During a concluding assembly in March, delegates overwhelmingly passed measures to change Church practices based on transgender ideology and to push the universal Church to ordain women to the sacramental diaconate.
Delegates also voted to adopt same-sex blessings, normalize lay preaching, and ask Rome to “reexamine” the discipline of priestly celibacy.
While the Germans pushed forward with these controversial measures, the assembly held back from crossing a line laid down by the Vatican concerning the establishment of synodal councils at the national, diocesan, and parochial levels. The Vatican has said the synodal council model, which involves shared governance between bishops and the laity, is not consistent with Catholic ecclesiology.

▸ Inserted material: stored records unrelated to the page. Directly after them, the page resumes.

-- ===== src/Settings/Setting.antt =====
-- How setting an option of src/cfg.c can end: with numbers in their ranges, by `exit(1)`, or by a failed
-- assertion.
use agentsmith.Base.{
  ℕ, zero, suc, Bool, true, false, List, [], ◌∷◌, ◌≡◌, refl, inl, inr, equal, Bool-cases,
  Option-cases, length,
}
use agentsmith.Base.Outcome.{Outcome, ret, die, aborted, undefined, ◌>>=◌, ◌>>◌, assert}
use agentsmith.Base.Cstring.{Bytes}
use agentsmith.Settings.{Settings}
use agentsmith.Settings.Addresses.{
  Names, words, resolve, resolve_words, max_listen, config_callback_listen, config_callback_inform,
  is_none_yet,
}
use agentsmith.Settings.Options.{
  CfgValue, CfgEntry, cfgcfg, set_value, set_entries, set_config_option,
}
use agentsmith.Settings.Sane.{IsSane, config_sanitize-IsSane}

-- The call returns with the postcondition, exits with code 1, or fails an assertion; nothing is undefined.
abbrev pub Ends : {A : Type 0} → (A → Type 0) → Outcome A → Type 0
Ends P (ret a) = P a
Ends P (die n) = n ≡ 1
Ends P aborted = Unit
Ends P undefined = ⊥

abbrev pub Anything : {A : Type 0} → A → Type 0
Anything a = Unit

pub bind-Ends :
    {A B : Type 0} (P : A → Type 0) (Q : B → Type 0) (m : Outcome A) (f : A → Outcome B)
    → Ends P m
    → ((a : A) → P a → Ends Q (f a))
    → Ends Q (m >>= f)
bind-Ends P Q (ret a) f h k = k a h
bind-Ends P Q (die n) f h k = h
bind-Ends P Q aborted f h k = tt
bind-Ends P Q undefined f h k = absurd h

pub assert-Ends :
    {A : Type 0} (Q : A → Type 0) (b : Bool) (m : Outcome A) → Ends Q m → Ends Q (assert b >> m)
assert-Ends Q true m h = h
assert-Ends Q false m h = tt

resolve_words-Ends :
    (n : Names) (room : ℕ) (ws : List Bytes) → Ends Anything (resolve_words n room ws)
unfolding resolve_words
resolve_words-Ends n zero ws = tt
resolve_words-Ends n (suc room) [] = tt
resolve_words-Ends n (suc room) (w ∷ ws) = elim (Option-cases (resolve n w)) [
  | inl h ↦ rw (h, Ends) (resolve_words-Ends n (suc room) ws)
  | inr (a, h) ↦ elim (Bool-cases n.item) [
    | inl k ↦
        rw (h, k, Ends)
          (bind-Ends Anything Anything (resolve_words n room ws) _ (resolve_words-Ends n room ws)
            (λ x u. tt))
    | inr k ↦ rw (h, k, Ends) refl
  ]
]

-- The callbacks leave the numbers alone.
abbrev pub SameNumbers : Settings → Settings → Type 0
SameNumbers s t = t.numbers ≡ s.numbers

pub listen-Ends :
    (n : Names) (value : Bytes) (s : Settings)
    → Ends (SameNumbers s) (config_callback_listen n value s)
unfolding config_callback_listen
listen-Ends n value s = assert-Ends (SameNumbers s) (is_none_yet s.listen) _ (
    assert-Ends (SameNumbers s) n.copy _ (
      bind-Ends Anything (SameNumbers s) (resolve_words n max_listen (words [] value)) _
        (resolve_words-Ends n max_listen (words [] value)) (λ x u. refl)))

inform-Ends :
    (n : Names) (value : Bytes) (s : Settings)
    → Ends (SameNumbers s) (config_callback_inform n value s)
unfolding config_callback_inform
inform-Ends n value s = assert-Ends (SameNumbers s) (is_none_yet s.inform_agents) _ (
    assert-Ends (SameNumbers s) n.copy _ (
      bind-Ends Anything (SameNumbers s)
        (resolve_words n (length (words [] value)) (words [] value)) _
        (resolve_words-Ends n (length (words [] value)) (words [] value)) (λ x u. refl)))

-- Setting a value ends, for every kind of option in the table.
abbrev Calm : CfgValue → Type 0
Calm v = (n : Names) (value : Bytes) (s : Settings) → Ends Anything (set_value n v value s)

abbrev AllCalm : List CfgEntry → Type 0
AllCalm [] = Unit
AllCalm (e ∷ es) = Calm e.value × AllCalm es

pub weaken-Ends : {A : Type 0} (P : A → Type 0) (m : Outcome A) → Ends P m → Ends Anything m
weaken-Ends P (ret a) h = tt
weaken-Ends P (die n) h = h
weaken-Ends P aborted h = tt
weaken-Ends P undefined h = h

cfgcfg-AllCalm : AllCalm cfgcfg
unfolding cfgcfg set_value
cfgcfg-AllCalm = (
  stored,
  (
    stored,
    (
      stored,
      (
        stored,
        (
          stored,
          (
            stored,
            (
              stored,
              (
                stored,
                (
                  stored,
                  (
                    stored,
                    (
                      stored,
                      (
                        stored,
                        (
                          stored,
                          (
                            stored,
                            (
                              stored,
                              (
                                λ n value s.
                                    weaken-Ends (SameNumbers s) (config_callback_listen n value s)
                                      (listen-Ends n value s),
                                (
                                  λ n value s.
                                      weaken-Ends (SameNumbers s) (config_callback_inform n value s)
                                        (inform-Ends n value s),
                                  (
                                    stored,
                                    (stored, (stored, (stored, (stored, (stored, (stored, tt)))))),
                                  ),
                                ),
                              ),
                            ),
                          ),
                        ),
                      ),
                    ),
                  ),
                ),
              ),
            ),
          ),
        ),
      ),
    ),
  ),
)
  where
    stored : Names → Bytes → Settings → Unit {0}
    stored n value s = tt

set_entries-Ends :
    (n : Names) (es : List CfgEntry) (token value : Bytes) (s : Settings)
    → AllCalm es
    → Ends Anything (set_entries n es token value s)
unfolding set_entries
set_entries-Ends n [] token value s c = tt
set_entries-Ends n (e ∷ es) token value s c = elim (Bool-cases (equal e.name token)) [
  | inl h ↦
      rw (h, Ends)
        (bind-Ends Anything Anything (set_value n e.value value s) _ (c.0 n value s)
          (λ s' u. set_entries-Ends n es token value s' c.1))
  | inr h ↦ rw (h, Ends) (set_entries-Ends n es token value s c.1)
]

abbrev pub HasSane : Settings → Type 0
HasSane s = IsSane s.numbers

-- Whatever name and value a line gives, `_set_config_option` returns with every number in its range, exits
-- with code 1, or fails the assertion on a list that is given twice.
pub set_config_option-Ends :
    (n : Names) (token value : Bytes) (s : Settings)
    → Ends HasSane (set_config_option n token value s)
unfolding set_config_option
set_config_option-Ends n token value s =
    bind-Ends Anything HasSane (set_entries n cfgcfg token value s) _
      (set_entries-Ends n cfgcfg token value s cfgcfg-AllCalm)
      (λ s' u. config_sanitize-IsSane s'.numbers)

Pope Francis and the Vatican have intervened repeatedly in the Synodal Way, as have a large number of bishops and theologians, both from Germany and around the world, raising serious concerns about many aspects of the process.
Francis wrote a letter to all Catholics in Germany in June 2019 warning of a “belief that the best response to the many problems and shortcomings that exist is to reorganize things, change them, and ‘put them back together’ to bring order and make ecclesial life easier.”
The Germans who attended the July 26 discussions at the Vatican were Bishops Georg Bätzing, Stephan Ackermann, Michael Gerber, Bertram Meier, and Franz-Josef Overbeck. The bishops’ conference secretary general, Beate Gilles, and spokesperson, Matthias Kopp, were also in attendance.